[Your instructions]
Isolate every line in the data with the string "that" and copy it.
** Material supplied follows **
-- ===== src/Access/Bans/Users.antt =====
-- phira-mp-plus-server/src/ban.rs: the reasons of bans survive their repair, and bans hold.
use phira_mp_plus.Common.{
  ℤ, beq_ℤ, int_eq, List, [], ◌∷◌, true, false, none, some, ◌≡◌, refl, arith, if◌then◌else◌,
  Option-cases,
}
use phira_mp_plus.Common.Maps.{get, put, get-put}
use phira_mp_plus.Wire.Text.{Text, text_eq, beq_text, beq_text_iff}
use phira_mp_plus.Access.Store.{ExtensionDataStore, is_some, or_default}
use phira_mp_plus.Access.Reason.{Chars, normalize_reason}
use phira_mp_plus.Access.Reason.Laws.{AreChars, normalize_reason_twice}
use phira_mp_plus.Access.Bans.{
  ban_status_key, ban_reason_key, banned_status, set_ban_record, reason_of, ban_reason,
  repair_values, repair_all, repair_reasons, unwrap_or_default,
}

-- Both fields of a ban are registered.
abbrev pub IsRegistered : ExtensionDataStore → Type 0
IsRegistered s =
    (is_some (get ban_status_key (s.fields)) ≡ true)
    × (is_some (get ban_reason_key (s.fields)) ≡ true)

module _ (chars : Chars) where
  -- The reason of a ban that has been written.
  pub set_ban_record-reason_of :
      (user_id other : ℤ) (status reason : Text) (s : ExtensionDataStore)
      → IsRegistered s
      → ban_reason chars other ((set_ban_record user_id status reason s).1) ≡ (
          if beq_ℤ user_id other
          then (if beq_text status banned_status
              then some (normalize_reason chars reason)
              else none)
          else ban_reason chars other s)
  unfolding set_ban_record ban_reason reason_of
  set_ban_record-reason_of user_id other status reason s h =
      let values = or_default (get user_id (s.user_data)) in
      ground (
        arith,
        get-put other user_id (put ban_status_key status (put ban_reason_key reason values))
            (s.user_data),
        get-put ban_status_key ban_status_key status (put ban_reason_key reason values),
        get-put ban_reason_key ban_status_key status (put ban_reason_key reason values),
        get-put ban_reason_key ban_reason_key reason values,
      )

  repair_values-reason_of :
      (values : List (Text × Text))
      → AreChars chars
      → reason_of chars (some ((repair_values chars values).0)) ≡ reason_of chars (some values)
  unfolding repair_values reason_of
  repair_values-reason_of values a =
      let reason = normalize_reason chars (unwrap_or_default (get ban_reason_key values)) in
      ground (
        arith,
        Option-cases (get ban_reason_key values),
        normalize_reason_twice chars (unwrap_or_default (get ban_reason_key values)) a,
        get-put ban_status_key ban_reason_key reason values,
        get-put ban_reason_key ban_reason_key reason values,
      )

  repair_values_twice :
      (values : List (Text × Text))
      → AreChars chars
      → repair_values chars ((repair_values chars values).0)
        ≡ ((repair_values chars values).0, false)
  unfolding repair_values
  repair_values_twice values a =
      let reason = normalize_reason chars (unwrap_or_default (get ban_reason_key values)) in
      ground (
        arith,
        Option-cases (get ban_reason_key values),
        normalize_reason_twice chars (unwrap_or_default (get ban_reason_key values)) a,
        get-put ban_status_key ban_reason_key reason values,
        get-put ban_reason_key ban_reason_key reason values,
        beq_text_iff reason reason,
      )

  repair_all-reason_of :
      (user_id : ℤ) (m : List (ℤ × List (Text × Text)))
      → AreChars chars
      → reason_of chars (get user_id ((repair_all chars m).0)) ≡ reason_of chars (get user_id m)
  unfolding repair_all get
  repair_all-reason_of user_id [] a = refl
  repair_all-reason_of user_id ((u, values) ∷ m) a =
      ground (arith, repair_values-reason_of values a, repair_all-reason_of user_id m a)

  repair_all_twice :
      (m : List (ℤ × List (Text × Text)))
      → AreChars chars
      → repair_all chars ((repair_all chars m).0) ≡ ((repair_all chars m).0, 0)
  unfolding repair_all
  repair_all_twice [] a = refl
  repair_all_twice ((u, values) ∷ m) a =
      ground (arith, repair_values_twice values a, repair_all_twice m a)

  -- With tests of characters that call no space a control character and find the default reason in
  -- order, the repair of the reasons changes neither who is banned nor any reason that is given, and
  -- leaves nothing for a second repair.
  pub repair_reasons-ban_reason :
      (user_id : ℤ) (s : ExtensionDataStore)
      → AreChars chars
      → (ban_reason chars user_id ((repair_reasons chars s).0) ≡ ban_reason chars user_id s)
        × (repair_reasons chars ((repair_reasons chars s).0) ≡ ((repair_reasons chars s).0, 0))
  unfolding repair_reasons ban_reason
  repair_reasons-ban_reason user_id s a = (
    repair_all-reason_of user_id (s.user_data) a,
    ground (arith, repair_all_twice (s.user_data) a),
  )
** End of Material supplied **
[Solution to this problem]
  -- The reason of a ban that has been written.
  -- With tests of characters that call no space a control character and find the default reason in
  -- order, the repair of the reasons changes neither who is banned nor any reason that is given, and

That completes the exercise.